Троцкий – непревзойденного уровня ортодокс, для которого марксистские «основополагающие истины» до конца жизни оставались главными «теоретическими» постулатами. Для прагматика же Сталина не только марксизм, но и все остальные «измы» являлись рабочим инструментом, используемым для созидания ему нужного, в рамках своего видения, мощного тоталитарного государства. Он, как и Троцкий, тоже мнил себя одним из вождей, для которых, по Кропоткину, «тайной мечтой» была возможность революционно-легального уничтожения своих врагов, завоевания власти, создания всесильного государства, предоставления вождям роли управляющих, а народу – беспрекословных исполнителей. Но… только в рамках голого прагматизма, а не теоретизированных мечтаний.

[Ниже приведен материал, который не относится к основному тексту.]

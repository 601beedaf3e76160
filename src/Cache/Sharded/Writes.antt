-- ===== src/Cache/Sharded/Writes.antt =====
-- `batch_put` of `ShardThreadSafeLru` (src/indexer/cache.rs): every cache gets what is its own.
use mathlib.Core.List.{Permᴰ}
use mathlib.Core.Path.{subst}
use mathlib.Core.Option.{some-injective}
use manta_indexer.Prelude.{
  ℕ, zero, suc, ◌%◌, ◌<◌, ◌≡◌, ◌≢◌, refl, sym, ap, ◌∙◌, arith, some, List, [], ◌∷◌, ◌++◌,
  append-nil, length, get_elem?, set, filter, All, All-perm, length-set, Bool-cases, inl, inr, ◌==◌,
}
use manta_indexer.External.{Bytes, LruCache}
use manta_indexer.Cache.{put_all}
use manta_indexer.Cache.Sharded.{shard_vs, ShardThreadSafeLru, write_maps, batch_put}
use manta_indexer.Cache.Sharded.Groups.{Own, push_entry-Own}
use manta_indexer.Cache.Sharded.Reads.{get_elem?-some, Formed}
use manta_indexer.Sync.{push_entry}
use manta_indexer.Sync.Checkpoints.{DistinctKeys}
use manta_indexer.Sync.Entries.{entry, entry-push_entry, place, push_entry-DistinctKeys}
use manta_indexer.Sync.Maps.{entry_absent, DistinctKeys-perm, entry-perm}

abbrev Pairs : Type 0
Pairs = List (ℕ × Bytes)

abbrev code : ℕ × Bytes → ℕ
code x = x.0

module _ (n : ℕ) where
  -- The pairs of a remainder, in their order.
  abbrev pub of_shard : ℕ → Pairs → Pairs
  of_shard j vs = filter (λ x. x.0 % n == j) vs

  shard_vs-entry :
      (j : ℕ) (vs : Pairs) (m : List (ℕ × Pairs))
      → entry j (shard_vs n vs m) ≡ entry j m ++ of_shard j vs
  unfolding shard_vs
  shard_vs-entry j [] m = sym (append-nil (entry j m))
  shard_vs-entry j (x ∷ vs) m =
      shard_vs-entry j vs (push_entry (x.0 % n) x m)
      ∙ ap (λ p. p ++ of_shard j vs) (entry-push_entry j (x.0 % n) x m)
      ∙ place (x.0 % n == j) x (entry j m) (of_shard j vs)

  shard_vs-DistinctKeys :
      (vs : Pairs) (m : List (ℕ × Pairs)) → DistinctKeys m → DistinctKeys (shard_vs n vs m)
  unfolding shard_vs
  shard_vs-DistinctKeys [] m h = h
  shard_vs-DistinctKeys (x ∷ vs) m h =
      shard_vs-DistinctKeys vs (push_entry (x.0 % n) x m) (push_entry-DistinctKeys (x.0 % n) x m h)

  shard_vs-Own :
      (vs : Pairs) (m : List (ℕ × Pairs))
      → 0 < n
      → All (Own n code) m
      → All (Own n code) (shard_vs n vs m)
  unfolding shard_vs
  shard_vs-Own [] m pos own = own
  shard_vs-Own (x ∷ vs) m pos own =
      shard_vs-Own vs (push_entry (x.0 % n) x m) pos
        (push_entry-Own n code x m (omega (arith, pos)) own)

get_elem?-set_self :
    {A : Type 0} (xs : List A) (i : ℕ) (v x : A)
    → get_elem? xs i ≡ some x
    → get_elem? (set xs i v) i ≡ some v
get_elem?-set_self [] i v x h = absurd (cc h)
get_elem?-set_self (y ∷ xs) zero v x h = refl
get_elem?-set_self (y ∷ xs) (suc i) v x h = get_elem?-set_self xs i v x h

get_elem?-set_ne :
    {A : Type 0} (xs : List A) (i j : ℕ) (v : A) → i ≢ j → get_elem? (set xs i v) j ≡ get_elem? xs j
get_elem?-set_ne [] i j v h = refl
get_elem?-set_ne (x ∷ xs) zero zero v h = absurd (h refl)
get_elem?-set_ne (x ∷ xs) zero (suc j) v h = refl
get_elem?-set_ne (x ∷ xs) (suc i) zero v h = refl
get_elem?-set_ne (x ∷ xs) (suc i) (suc j) v h = get_elem?-set_ne xs i j v (λ e. h (ap suc e))

module _ (lru : LruCache) where
  -- What the caches are after each got its entry of a map.
  abbrev Put : List (ℕ × Pairs) → List lru.Cache → List lru.Cache → Type 0
  Put gs maps maps' =
      (j : ℕ) (c : lru.Cache)
      → get_elem? maps j ≡ some c
      → get_elem? maps' j ≡ some (put_all lru (entry j gs) c)

  write_maps-found :
      (i : ℕ) (vs : Pairs) (gs : List (ℕ × Pairs)) (maps : List lru.Cache) (c : lru.Cache)
      → get_elem? maps i ≡ some c
      → write_maps lru ((i, vs) ∷ gs) maps ≡ write_maps lru gs (set maps i (put_all lru vs c))
  unfolding write_maps
  write_maps-found i vs gs maps c found = rw (write_maps, found) refl

  write_maps-Put :
      (n : ℕ) (gs : List (ℕ × Pairs)) (maps : List lru.Cache)
      → All (Own n code) gs
      → DistinctKeys gs
      → length maps ≡ n
      → (maps' : List lru.Cache) × (write_maps lru gs maps ≡ some maps') × Put gs maps maps'
  unfolding write_maps put_all
  write_maps-Put n [] maps own distinct width = (maps, refl, λ j c h. h)
  write_maps-Put n ((i, vs) ∷ gs) maps own distinct width =
      let (c0, found) = get_elem?-some maps i (omega (arith, own.0.0, width)) in
      let (maps', runs, puts) =
        write_maps-Put n gs (set maps i (put_all lru vs c0)) own.1 distinct.1
          (length-set maps i (put_all lru vs c0) ∙ width) in
      (
        maps',
        write_maps-found i vs gs maps c0 found ∙ runs,
        λ j c h. elim (Bool-cases (i == j)) [
          | inl same ↦
              let here : i ≡ j = ground (arith, same) in
              let alone : entry j gs ≡ [] =
                entry_absent j gs (subst (λ k. All (λ q. q.0 ≢ k) gs) here distinct.0) in
              let own_cache : c0 ≡ c =
                some-injective _ _ (sym found ∙ ap (get_elem? maps) here ∙ h) in
              puts j (put_all lru vs c0) (
                ap (get_elem? (set maps i (put_all lru vs c0))) (sym here)
                ∙ get_elem?-set_self maps i (put_all lru vs c0) c0 found)
              ∙ rw (same, alone, own_cache) refl
          | inr other ↦
              puts j c
                (get_elem?-set_ne maps i j (put_all lru vs c0) (λ q. ground (arith, q, other)) ∙ h)
              ∙ rw other refl
        ],
      )

  -- Where there is one cache for each remainder, and however the HashMap is iterated: the call returns,
  -- and every cache is as after its own pairs alone were put into it, in the order of the batch.
  pub batch_put-puts :
      (s : ShardThreadSafeLru lru) (order : List (ℕ × Pairs) → List (ℕ × Pairs)) (v : Pairs)
      → ((m : List (ℕ × Pairs)) → Permᴰ (order m) m)
      → Formed lru s
      → (maps : List lru.Cache) × (batch_put lru order v s ≡ some maps)
        × ((j : ℕ) (c : lru.Cache)
            → get_elem? s.maps j ≡ some c
            → get_elem? maps j ≡ some (put_all lru (of_shard s.shard_num j v) c))
  unfolding batch_put
  batch_put-puts s order v order-perm formed =
      let groups = shard_vs s.shard_num v [] in
      let distinct = shard_vs-DistinctKeys s.shard_num v [] tt in
      let (maps, runs, puts) =
        write_maps-Put s.shard_num (order groups) s.maps
          (All-perm _ (order-perm groups) (shard_vs-Own s.shard_num v [] formed.0 tt))
          (DistinctKeys-perm (order-perm groups) distinct) formed.1 in
      (
        maps,
        runs,
        λ j c h.
            puts j c h
            ∙ ap (λ vs. some (put_all lru vs c))
                (entry-perm j (order-perm groups) distinct ∙ shard_vs-entry s.shard_num j v []),
      )
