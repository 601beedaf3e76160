-- ===== src/Client.antt =====
-- A client that follows the indexer from the beginning, as `pull_ledger_diff_from_sqlite`
-- (src/indexer/sync.rs) does: it pulls, counts what it got, and pulls from there.
pub mod Positions
pub mod Counts
pub mod Turns
pub mod Follows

Верность Троцкого «идеям мировой пролетарской революции, которым, увы, оставалось все меньше и меньше места», есть следствие не установившегося «господства сталинского аппаратно-бюрократического режима и стабилизации мировой капиталистической системы», а его наивных представлений о жизни, стратегической бездарности, несусветного догматизма и, я бы добавил, величайшего эгоцентризма. Причины и следствия тут господин Симонов явно поменял местами. В этом смешении, непонимании существа законов жизни и движения по ней человека и состоит трагедия (а не драма) «блестящего и прозорливого» Троцкого.

Примерно на таком же уровне, на ту же тему и по таким же, судя по всему, исходным основаниям написаны о Троцком книжки И. Дойчера и Н. Васецкого. Перл признания последнего: «Более полутора десятков лет занимаюсь Троцким, но никак не могу «попасть с ним в ногу». Это в смысле «загадочности» Троцкого, его «незапрограммированности, гениальности, неординарности». А ведь и, правда, может «загадка», что позволила ему вкупе с другими одержимыми возвести систему, «разрешившую» сотням и тысячам людей, ему подобных, десятилетиями заниматься такого рода «исследованиями»?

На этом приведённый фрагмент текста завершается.